Work to be completed: The result should be the lines from the one holding "len-short_letter c = len-if" to the final line of the records, retyped exactly.

:: Records for this task ::

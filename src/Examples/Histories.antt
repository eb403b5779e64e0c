-- ===== src/Examples/Histories.antt =====
-- A run: the root has ended, and with it its execution; then its child is stopped, from a row that
-- was read before.
use agentbeacon.Base.{some}
use agentbeacon.Tables.{Db, stop, canceled, Execution, terminate}
use agentbeacon.Transition.Actions.{Action}
use agentbeacon.Transition.Apply.{apply}
use agentbeacon.Examples.Rows.{child, calm, state_of, execution}
use agentbeacon.Examples.Changes.{finished}

abbrev stop_child : Action
stop_child = Action.set_desired stop "user"

abbrev later : Db
later = state_of finished (apply "x1" child stop_child calm finished)

abbrev ended_execution : Execution
ended_execution = record execution {
  desired = terminate;
  outcome = some canceled;
  updated_at = 100;
  last_activity_at = 100;
  completed_at = some 100;
}
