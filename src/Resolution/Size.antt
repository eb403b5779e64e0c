-- ===== src/Resolution/Size.antt =====
-- scheduler/src/resolution.rs: the serialized size of a marker, and the answer text that fits.
-- Sizes are `usize` and stay far below its range, so they are plain numbers; `i64` ones are ℤ.
pub mod Escape
pub mod Digits
pub mod Fit
pub mod Envelope
pub mod Written
use Prim.Native.Char.{len_utf8}
use agentbeacon.Base.{
  ℕ, zero, suc, ◌+◌, ◌*◌, ◌/◌, ◌≡◌, Bool, true, false, ◌||◌, Option, none, some, String, Char, code,
  ℤ, pos, negsuc, sub_ℕ, unsigned_abs, ltb, leb, ltb_ℤ, ◌==◌, i64_max, len, slice, is_empty,
  if◌then◌else◌,
}

abbrev pub marker_serialized_cap_bytes : ℕ
marker_serialized_cap_bytes = 96 * 1024

abbrev pub reserved_event_id : ℤ
reserved_event_id = pos i64_max

abbrev pub reserved_timestamp : String
reserved_timestamp = "9999-12-31T23:59:59Z"

abbrev pub reserved_batch_id : String
reserved_batch_id = "00000000-0000-0000-0000-000000000000"

-- The characters that JSON writes as a backslash and one letter.
abbrev pub is_short_escape : ℕ → Bool
is_short_escape c = c == 34 || c == 92 || c == 10 || c == 13 || c == 9 || c == 8 || c == 12

unfoldable pub char_escaped_width : Char → ℕ
char_escaped_width c =
    if is_short_escape (code c) then 2 else if ltb (code c) 0x20 then 6 else len_utf8 c

unfoldable pub escaped_len : String → ℕ
escaped_len String.[] = 0
escaped_len (String.◌∷◌ c s) = char_escaped_width c + escaped_len s

-- `while m >= 10 { m /= 10; d += 1; }`.
unfoldable pub digits_loop : ℕ → ℕ → ℕ → ℕ
digits_loop zero m d = d
digits_loop (suc fuel) m d =
    let rest = digits_loop fuel (m / 10) (d + 1) in if leb 10 m then rest else d

-- An `i64` has at most 19 digits, so 20 rounds are enough.
unfoldable pub i64_digits : ℤ → ℕ
unfolding digits_loop
i64_digits (pos n) = 0 + digits_loop 20 n 1
i64_digits (negsuc n) = 1 + digits_loop 20 (suc n) 1

abbrev pub escalation_bytes : Option ℤ → ℕ
escalation_bytes none = 0
escalation_bytes (some id) = 23 + i64_digits id

abbrev pub answer_bytes : Option String → ℕ
answer_bytes none = 0
answer_bytes (some a) = 17 + escaped_len a

abbrev pub truncated_bytes : Bool → ℕ
truncated_bytes true = 17
truncated_bytes false = 0

unfoldable pub serialized_marker_bytes : String → Option ℤ → ℤ → String → Option String → Bool → ℕ
serialized_marker_bytes batch_id escalation_event_id resolved_event_id resolved_at answer_text
      truncated =
    99
    + escaped_len batch_id
    + i64_digits resolved_event_id
    + escaped_len resolved_at
    + escalation_bytes escalation_event_id
    + answer_bytes answer_text
    + truncated_bytes truncated

unfoldable pub reserved_envelope_bytes : Option String → ℕ
unfolding serialized_marker_bytes
reserved_envelope_bytes answer_text =
    serialized_marker_bytes reserved_batch_id (some reserved_event_id) reserved_event_id
      reserved_timestamp answer_text false

unfoldable pub reserved_envelope_exceeds_cap : Option String → Bool
unfolding reserved_envelope_bytes
reserved_envelope_exceeds_cap answer_text =
    ltb marker_serialized_cap_bytes (reserved_envelope_bytes answer_text)

pub envelope_only_exceeds_cap : String → ℤ → String → Bool
envelope_only_exceeds_cap batch_id resolved_event_id resolved_at =
    ltb marker_serialized_cap_bytes
      (serialized_marker_bytes batch_id none resolved_event_id resolved_at none false)

abbrev pub normalized : String → Option String
normalized s = if is_empty s then none else some s

normalized_option : Option String → Option String
normalized_option none = none
normalized_option (some s) = normalized s

pub source_yields_no_marker : String → ℤ → Option String → Bool
unfolding envelope_only_exceeds_cap normalized_option
source_yields_no_marker batch_id source_event_id answer_text =
    let at : String = reserved_timestamp in
    let cap : ℕ = marker_serialized_cap_bytes in
    let size =
      serialized_marker_bytes batch_id none source_event_id at (normalized_option answer_text)
        false in
    if envelope_only_exceeds_cap batch_id source_event_id at
    then true
    else if leb size cap
    then false
    else ltb cap (serialized_marker_bytes batch_id none source_event_id at none true)

-- The loop over `char_indices`: `i` is the offset of the next character, `cut` the end of the text
-- that fits so far.
pub fit_loop : ℤ → ℕ → ℕ → ℕ → String → ℕ
fit_loop budget acc i cut String.[] = cut
fit_loop budget acc i cut (String.◌∷◌ c s) =
    let w = char_escaped_width c in
    let rest = fit_loop budget (acc + w) (i + len_utf8 c) (i + len_utf8 c) s in
    if ltb_ℤ budget (pos (acc + w)) then cut else rest

unfoldable pub fit_answer_text : String → Option ℤ → ℤ → String → String → Option String × Bool
unfolding fit_loop
fit_answer_text batch_id escalation_event_id resolved_event_id resolved_at answer_text =
    let size = serialized_marker_bytes batch_id escalation_event_id resolved_event_id resolved_at in
    let budget = sub_ℕ marker_serialized_cap_bytes (size (some "") true) in
    let prefix = slice answer_text 0 (fit_loop budget 0 0 0 answer_text) in
    if leb (size (normalized answer_text) false) marker_serialized_cap_bytes
    then (normalized answer_text, false)
    else (normalized prefix, true)
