-- ===== src/Resolution/Size/Escape.antt =====
-- scheduler/src/resolution.rs: `escaped_len` against the text that JSON writes for a string.
use agentbeacon.Base.{
  ℕ, ◌/◌, ◌%◌, ◌≡◌, refl, ◌∙◌, Bool, true, false, String, Char, code, ltb, ◌==◌, len, ◌⧺◌, arith,
  if◌then◌else◌, len-append, len-cons,
}
use agentbeacon.Resolution.Size.{is_short_escape, char_escaped_width, escaped_len}

-- The letter after the backslash of a short escape.
short_letter : ℕ → String
short_letter c =
    if c == 34
    then "\""
    else if c == 92
    then "\\"
    else if c == 10
    then "n"
    else if c == 13
    then "r"
    else if c == 9
    then "t"
    else if c == 8
    then "b"
    else "f"

hex_digit : ℕ → String
hex_digit d =
    if d == 0
    then "0"
    else if d == 1
    then "1"
    else if d == 2
    then "2"
    else if d == 3
    then "3"
    else if d == 4
    then "4"
    else if d == 5
    then "5"
    else if d == 6
    then "6"
    else if d == 7
    then "7"
    else if d == 8
    then "8"
    else if d == 9
    then "9"
    else if d == 10
    then "a"
    else if d == 11
    then "b"
    else if d == 12
    then "c"
    else if d == 13
    then "d"
    else if d == 14
    then "e"
    else "f"

-- How JSON writes one character inside a string (RFC 8259, with the short escapes).
unfoldable pub escape_char : Char → String
unfolding short_letter hex_digit
escape_char c =
    if is_short_escape (code c)
    then "\\" ⧺ short_letter (code c)
    else if ltb (code c) 0x20
    then "\\u00" ⧺ (hex_digit (code c / 16) ⧺ hex_digit (code c % 16))
    else String.◌∷◌ c String.[]

-- How JSON writes a string, without the quotes around it.
unfoldable pub escape : String → String
escape String.[] = String.[]
escape (String.◌∷◌ c s) = escape_char c ⧺ escape s

pub len-if :
    (b : Bool) (s t : String) {n : ℕ} → len s ≡ n → len t ≡ n → len (if b then s else t) ≡ n
len-if true s t p q = p
len-if false s t p q = q

len-short_letter : (c : ℕ) → len (short_letter c) ≡ 1
unfolding short_letter
len-short_letter c = len-if (c == 34) _ _ refl (
    len-if (c == 92) _ _ refl (
      len-if (c == 10) _ _ refl
        (len-if (c == 13) _ _ refl (len-if (c == 9) _ _ refl (len-if (c == 8) _ _ refl refl)))))

len-hex_digit : (d : ℕ) → len (hex_digit d) ≡ 1
unfolding hex_digit
len-hex_digit d = search len-if depth 20

-- The width that the code counts, with the length of what is written on each branch.
width-if :
    (b : Bool) (s t : String) {m n : ℕ}
    → len s ≡ m
    → len t ≡ n
    → len (if b then s else t) ≡ (if b then m else n)
width-if true s t p q = p
width-if false s t p q = q

len-escape_char : (c : Char) → len (escape_char c) ≡ char_escaped_width c
unfolding escape_char char_escaped_width
len-escape_char c =
    let n = code c in
    width-if (is_short_escape n) _ _
      (len-append "\\" (short_letter n) ∙ omega (arith, len-short_letter n))
      (width-if (ltb n 0x20) _ _
        (len-append "\\u00" (hex_digit (n / 16) ⧺ hex_digit (n % 16))
          ∙ omega (
            arith,
            len-append (hex_digit (n / 16)) (hex_digit (n % 16)),
            len-hex_digit (n / 16),
            len-hex_digit (n % 16),
          ))
        (omega (arith, len-cons c String.[])))

-- `escaped_len` is the number of bytes of the escaped text.
pub escaped_len-escape : (s : String) → len (escape s) ≡ escaped_len s
unfolding escape escaped_len
escaped_len-escape String.[] = refl
escaped_len-escape (String.◌∷◌ c s) =
    omega (arith, len-append (escape_char c) (escape s), len-escape_char c, escaped_len-escape s)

:::

Reply:
len-short_letter c = len-if (c == 34) _ _ refl (
    len-if (c == 92) _ _ refl (
      len-if (c == 10) _ _ refl
        (len-if (c == 13) _ _ refl (len-if (c == 9) _ _ refl (len-if (c == 8) _ _ refl refl)))))

len-hex_digit : (d : ℕ) → len (hex_digit d) ≡ 1
unfolding hex_digit
len-hex_digit d = search len-if depth 20

-- The width that the code counts, with the length of what is written on each branch.
width-if :
    (b : Bool) (s t : String) {m n : ℕ}
    → len s ≡ m
    → len t ≡ n
    → len (if b then s else t) ≡ (if b then m else n)
width-if true s t p q = p
width-if false s t p q = q

len-escape_char : (c : Char) → len (escape_char c) ≡ char_escaped_width c
unfolding escape_char char_escaped_width
len-escape_char c =
    let n = code c in
    width-if (is_short_escape n) _ _
      (len-append "\\" (short_letter n) ∙ omega (arith, len-short_letter n))
      (width-if (ltb n 0x20) _ _
        (len-append "\\u00" (hex_digit (n / 16) ⧺ hex_digit (n % 16))
          ∙ omega (
            arith,
            len-append (hex_digit (n / 16)) (hex_digit (n % 16)),
            len-hex_digit (n / 16),
            len-hex_digit (n % 16),
          ))
        (omega (arith, len-cons c String.[])))

-- `escaped_len` is the number of bytes of the escaped text.
pub escaped_len-escape : (s : String) → len (escape s) ≡ escaped_len s
unfolding escape escaped_len
escaped_len-escape String.[] = refl
escaped_len-escape (String.◌∷◌ c s) =
    omega (arith, len-append (escape_char c) (escape s), len-escape_char c, escaped_len-escape s)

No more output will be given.